The input:

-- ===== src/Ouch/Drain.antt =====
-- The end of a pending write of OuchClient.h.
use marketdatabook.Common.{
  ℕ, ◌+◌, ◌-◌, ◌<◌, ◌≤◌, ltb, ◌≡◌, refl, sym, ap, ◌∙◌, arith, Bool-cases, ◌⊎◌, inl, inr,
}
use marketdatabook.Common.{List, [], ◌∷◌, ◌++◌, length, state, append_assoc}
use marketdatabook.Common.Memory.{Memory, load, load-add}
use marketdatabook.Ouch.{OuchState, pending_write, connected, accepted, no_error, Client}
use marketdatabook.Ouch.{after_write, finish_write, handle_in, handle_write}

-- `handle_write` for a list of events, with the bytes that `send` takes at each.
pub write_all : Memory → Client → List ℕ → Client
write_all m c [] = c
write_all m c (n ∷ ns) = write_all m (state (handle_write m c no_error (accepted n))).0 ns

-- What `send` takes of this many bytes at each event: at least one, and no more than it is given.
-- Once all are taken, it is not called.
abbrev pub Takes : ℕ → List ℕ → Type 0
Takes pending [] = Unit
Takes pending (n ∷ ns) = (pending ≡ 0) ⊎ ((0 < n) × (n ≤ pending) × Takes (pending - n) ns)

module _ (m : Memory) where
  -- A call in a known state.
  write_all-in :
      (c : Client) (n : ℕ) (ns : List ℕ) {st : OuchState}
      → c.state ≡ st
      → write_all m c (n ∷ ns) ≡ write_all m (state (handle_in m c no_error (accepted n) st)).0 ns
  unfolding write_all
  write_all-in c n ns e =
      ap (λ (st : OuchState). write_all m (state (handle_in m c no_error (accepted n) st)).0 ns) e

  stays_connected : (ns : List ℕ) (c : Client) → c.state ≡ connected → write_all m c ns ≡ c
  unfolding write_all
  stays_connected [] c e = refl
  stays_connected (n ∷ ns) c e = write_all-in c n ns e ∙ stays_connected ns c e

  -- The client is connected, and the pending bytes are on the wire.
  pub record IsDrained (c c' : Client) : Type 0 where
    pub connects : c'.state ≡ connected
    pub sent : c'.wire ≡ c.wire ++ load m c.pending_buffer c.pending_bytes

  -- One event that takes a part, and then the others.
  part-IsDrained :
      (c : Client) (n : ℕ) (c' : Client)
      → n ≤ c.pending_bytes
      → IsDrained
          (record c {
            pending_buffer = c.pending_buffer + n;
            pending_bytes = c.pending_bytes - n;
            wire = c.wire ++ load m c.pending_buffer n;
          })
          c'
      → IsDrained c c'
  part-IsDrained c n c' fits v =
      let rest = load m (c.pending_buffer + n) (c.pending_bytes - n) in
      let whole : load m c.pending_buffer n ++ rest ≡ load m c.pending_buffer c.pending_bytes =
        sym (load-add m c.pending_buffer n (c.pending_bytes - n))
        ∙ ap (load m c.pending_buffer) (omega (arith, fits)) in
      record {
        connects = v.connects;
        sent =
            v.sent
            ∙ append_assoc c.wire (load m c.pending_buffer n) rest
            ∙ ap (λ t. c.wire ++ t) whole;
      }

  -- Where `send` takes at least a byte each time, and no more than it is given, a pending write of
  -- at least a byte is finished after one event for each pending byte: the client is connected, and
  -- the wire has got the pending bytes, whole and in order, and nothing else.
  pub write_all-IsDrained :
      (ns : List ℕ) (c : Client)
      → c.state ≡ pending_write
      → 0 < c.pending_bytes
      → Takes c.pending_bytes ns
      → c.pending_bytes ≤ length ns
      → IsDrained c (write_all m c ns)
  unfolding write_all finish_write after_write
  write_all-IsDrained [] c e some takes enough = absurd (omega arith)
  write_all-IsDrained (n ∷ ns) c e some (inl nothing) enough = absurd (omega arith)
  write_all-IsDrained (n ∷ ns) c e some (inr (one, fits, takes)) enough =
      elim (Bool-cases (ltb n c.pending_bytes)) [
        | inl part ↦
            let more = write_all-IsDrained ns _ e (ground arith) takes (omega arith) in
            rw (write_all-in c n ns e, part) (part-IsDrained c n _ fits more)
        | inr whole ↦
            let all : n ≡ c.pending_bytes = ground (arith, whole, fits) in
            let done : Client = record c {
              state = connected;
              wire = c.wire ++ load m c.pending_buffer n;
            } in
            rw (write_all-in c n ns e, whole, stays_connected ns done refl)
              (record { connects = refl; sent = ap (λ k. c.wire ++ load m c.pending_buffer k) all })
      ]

---

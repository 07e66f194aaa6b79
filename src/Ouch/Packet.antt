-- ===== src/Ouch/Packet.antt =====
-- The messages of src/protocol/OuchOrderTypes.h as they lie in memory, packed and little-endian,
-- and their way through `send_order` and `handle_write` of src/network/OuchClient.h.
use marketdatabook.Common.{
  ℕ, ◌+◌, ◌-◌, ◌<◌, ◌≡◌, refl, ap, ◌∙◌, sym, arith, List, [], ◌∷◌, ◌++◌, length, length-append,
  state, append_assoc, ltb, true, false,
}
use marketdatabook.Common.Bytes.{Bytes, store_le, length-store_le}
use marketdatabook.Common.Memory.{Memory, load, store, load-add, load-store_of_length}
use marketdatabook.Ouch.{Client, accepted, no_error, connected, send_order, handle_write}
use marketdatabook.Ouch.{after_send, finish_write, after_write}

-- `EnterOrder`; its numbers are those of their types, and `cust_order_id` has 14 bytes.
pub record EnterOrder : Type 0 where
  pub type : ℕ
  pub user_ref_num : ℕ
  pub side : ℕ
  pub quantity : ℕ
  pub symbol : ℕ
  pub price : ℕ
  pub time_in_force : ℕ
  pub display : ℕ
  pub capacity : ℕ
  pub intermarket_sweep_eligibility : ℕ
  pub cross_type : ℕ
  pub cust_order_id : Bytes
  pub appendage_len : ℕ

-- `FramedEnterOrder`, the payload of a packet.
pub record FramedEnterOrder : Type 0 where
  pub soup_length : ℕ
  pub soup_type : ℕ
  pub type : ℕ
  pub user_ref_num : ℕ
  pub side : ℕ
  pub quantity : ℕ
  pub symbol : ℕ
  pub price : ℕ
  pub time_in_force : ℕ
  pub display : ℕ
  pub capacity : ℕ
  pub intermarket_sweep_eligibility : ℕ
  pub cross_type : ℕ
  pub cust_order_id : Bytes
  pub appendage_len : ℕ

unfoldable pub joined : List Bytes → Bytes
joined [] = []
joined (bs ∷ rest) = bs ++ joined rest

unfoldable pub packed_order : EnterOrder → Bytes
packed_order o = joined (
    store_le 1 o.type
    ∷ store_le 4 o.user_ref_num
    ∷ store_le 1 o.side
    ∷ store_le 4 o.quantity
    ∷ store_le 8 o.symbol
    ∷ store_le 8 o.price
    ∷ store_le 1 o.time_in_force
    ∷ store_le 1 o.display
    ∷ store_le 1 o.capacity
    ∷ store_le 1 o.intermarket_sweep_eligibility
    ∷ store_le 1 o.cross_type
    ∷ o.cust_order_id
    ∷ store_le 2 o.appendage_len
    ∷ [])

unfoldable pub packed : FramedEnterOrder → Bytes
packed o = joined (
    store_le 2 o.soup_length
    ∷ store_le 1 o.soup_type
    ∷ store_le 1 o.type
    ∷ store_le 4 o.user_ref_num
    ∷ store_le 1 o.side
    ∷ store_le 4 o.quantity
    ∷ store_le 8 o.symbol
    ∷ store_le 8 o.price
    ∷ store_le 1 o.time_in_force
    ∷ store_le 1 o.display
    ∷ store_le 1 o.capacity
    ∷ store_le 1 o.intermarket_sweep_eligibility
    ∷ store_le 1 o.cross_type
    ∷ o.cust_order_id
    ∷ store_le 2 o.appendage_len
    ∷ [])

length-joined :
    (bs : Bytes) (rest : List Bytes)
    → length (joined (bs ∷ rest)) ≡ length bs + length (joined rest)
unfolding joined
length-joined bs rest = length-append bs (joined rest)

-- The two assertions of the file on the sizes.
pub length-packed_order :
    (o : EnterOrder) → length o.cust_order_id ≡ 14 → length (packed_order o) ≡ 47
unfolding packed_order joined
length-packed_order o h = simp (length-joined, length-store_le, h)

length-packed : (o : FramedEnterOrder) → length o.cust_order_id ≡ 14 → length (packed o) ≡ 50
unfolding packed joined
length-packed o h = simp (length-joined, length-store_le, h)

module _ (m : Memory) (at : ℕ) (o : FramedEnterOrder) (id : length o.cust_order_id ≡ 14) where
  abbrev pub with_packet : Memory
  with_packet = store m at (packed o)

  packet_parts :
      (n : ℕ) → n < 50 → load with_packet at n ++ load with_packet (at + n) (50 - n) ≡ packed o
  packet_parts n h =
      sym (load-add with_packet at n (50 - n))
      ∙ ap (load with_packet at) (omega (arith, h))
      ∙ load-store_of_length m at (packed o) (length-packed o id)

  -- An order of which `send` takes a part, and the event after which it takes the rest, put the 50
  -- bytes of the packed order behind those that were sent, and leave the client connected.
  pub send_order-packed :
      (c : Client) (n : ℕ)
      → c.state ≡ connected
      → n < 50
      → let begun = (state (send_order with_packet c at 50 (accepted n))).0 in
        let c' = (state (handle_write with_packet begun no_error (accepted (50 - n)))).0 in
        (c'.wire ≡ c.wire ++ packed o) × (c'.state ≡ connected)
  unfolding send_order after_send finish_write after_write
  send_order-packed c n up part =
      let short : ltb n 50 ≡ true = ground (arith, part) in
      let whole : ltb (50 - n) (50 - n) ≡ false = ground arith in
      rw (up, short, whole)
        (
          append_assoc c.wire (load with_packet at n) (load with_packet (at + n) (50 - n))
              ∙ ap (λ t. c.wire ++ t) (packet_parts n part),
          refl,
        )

==

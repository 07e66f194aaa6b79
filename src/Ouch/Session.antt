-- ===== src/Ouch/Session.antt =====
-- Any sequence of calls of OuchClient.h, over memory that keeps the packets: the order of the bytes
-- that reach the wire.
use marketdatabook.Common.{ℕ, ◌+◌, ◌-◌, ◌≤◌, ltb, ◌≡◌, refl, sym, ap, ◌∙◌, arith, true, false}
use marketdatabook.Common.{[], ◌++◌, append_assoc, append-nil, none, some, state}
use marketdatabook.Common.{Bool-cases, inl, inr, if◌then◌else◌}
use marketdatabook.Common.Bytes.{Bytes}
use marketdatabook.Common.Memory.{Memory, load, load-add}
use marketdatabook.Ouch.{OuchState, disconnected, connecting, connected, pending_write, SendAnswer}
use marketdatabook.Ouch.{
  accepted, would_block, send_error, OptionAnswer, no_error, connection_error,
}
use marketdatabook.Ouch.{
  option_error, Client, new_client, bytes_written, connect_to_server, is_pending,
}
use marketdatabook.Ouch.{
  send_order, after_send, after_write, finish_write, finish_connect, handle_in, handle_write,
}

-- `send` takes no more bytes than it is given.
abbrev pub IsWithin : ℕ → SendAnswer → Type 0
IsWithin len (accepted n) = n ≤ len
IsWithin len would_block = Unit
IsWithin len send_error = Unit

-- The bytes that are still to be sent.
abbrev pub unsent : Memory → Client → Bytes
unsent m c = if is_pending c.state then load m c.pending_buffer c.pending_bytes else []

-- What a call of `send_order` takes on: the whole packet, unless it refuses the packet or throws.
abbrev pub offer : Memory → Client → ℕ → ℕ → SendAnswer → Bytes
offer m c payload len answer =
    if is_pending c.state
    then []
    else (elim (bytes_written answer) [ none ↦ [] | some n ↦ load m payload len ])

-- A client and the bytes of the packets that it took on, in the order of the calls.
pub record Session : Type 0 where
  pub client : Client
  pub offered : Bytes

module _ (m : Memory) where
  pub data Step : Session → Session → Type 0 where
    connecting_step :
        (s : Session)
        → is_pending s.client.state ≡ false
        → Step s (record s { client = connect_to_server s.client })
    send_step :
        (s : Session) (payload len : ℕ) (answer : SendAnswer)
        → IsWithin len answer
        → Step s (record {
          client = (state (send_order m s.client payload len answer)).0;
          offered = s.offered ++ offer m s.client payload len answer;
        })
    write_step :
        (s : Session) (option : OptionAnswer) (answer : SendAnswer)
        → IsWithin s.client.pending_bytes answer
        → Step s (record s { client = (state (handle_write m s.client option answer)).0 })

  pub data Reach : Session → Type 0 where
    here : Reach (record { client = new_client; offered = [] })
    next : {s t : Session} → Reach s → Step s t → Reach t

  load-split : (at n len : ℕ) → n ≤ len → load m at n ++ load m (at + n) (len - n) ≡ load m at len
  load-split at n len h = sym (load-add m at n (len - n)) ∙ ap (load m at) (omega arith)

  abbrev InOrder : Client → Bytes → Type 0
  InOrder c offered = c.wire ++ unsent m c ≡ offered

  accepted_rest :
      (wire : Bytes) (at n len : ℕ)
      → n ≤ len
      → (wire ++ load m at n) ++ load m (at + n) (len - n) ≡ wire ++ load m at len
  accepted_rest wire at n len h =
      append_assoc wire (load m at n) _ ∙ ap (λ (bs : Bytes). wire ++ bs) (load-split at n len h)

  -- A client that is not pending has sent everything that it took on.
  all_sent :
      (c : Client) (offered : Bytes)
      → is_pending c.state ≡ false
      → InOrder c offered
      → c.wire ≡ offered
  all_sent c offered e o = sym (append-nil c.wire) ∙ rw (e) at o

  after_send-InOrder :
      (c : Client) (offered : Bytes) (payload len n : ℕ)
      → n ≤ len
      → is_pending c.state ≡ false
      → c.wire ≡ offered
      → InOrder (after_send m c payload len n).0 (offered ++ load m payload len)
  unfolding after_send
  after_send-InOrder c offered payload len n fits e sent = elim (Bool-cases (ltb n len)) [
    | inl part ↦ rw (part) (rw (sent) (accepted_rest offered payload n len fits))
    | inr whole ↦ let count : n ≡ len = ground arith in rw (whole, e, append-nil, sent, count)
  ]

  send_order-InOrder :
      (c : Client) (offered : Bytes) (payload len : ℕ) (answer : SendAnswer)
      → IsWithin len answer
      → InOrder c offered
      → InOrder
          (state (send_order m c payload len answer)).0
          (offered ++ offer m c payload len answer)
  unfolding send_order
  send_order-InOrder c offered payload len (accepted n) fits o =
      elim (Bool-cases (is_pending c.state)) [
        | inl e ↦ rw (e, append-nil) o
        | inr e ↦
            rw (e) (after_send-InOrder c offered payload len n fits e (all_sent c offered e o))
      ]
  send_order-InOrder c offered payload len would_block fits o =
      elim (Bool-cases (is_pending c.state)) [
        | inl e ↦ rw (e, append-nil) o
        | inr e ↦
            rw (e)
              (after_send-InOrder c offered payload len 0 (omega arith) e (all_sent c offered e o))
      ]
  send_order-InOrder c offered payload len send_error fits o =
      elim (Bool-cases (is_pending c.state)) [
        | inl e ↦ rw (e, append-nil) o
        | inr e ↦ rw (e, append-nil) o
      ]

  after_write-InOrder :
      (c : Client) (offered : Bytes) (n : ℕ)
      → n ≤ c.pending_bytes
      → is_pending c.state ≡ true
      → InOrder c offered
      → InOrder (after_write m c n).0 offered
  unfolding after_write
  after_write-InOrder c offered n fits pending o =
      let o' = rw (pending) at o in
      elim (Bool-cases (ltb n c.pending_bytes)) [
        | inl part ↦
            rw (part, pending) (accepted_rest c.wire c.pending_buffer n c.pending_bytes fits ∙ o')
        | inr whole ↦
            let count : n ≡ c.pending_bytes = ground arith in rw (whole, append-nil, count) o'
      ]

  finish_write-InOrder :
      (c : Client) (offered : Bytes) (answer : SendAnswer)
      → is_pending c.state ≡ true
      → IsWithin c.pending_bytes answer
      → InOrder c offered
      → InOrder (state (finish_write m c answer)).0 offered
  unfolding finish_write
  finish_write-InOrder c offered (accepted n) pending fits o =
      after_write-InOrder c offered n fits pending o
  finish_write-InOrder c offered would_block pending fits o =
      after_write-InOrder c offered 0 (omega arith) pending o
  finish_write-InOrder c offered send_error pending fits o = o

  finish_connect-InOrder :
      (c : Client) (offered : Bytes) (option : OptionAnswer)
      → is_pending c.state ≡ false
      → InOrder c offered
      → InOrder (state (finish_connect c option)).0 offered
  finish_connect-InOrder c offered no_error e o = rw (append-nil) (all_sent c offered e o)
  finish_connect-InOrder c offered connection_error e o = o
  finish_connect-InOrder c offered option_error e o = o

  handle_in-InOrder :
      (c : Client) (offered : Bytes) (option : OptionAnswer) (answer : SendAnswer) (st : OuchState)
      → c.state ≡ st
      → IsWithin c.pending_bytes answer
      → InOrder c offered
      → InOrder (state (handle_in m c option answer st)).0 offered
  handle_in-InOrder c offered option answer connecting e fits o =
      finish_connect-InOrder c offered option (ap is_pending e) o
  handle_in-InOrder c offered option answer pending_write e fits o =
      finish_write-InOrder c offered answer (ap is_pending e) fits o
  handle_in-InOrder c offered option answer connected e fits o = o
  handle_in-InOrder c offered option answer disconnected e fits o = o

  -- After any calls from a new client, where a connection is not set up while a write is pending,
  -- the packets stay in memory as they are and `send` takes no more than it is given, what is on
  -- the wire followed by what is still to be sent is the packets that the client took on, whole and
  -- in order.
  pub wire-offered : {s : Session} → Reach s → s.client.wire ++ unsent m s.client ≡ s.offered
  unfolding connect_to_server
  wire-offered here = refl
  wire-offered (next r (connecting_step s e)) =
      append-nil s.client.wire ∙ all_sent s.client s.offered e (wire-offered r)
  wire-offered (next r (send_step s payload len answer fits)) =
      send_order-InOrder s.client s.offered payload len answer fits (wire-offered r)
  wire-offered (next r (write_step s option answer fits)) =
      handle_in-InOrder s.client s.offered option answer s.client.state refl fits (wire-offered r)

Task brief: In the entries above, how many lines contain the string "short"? Say only the number.

Response to the exercise: 2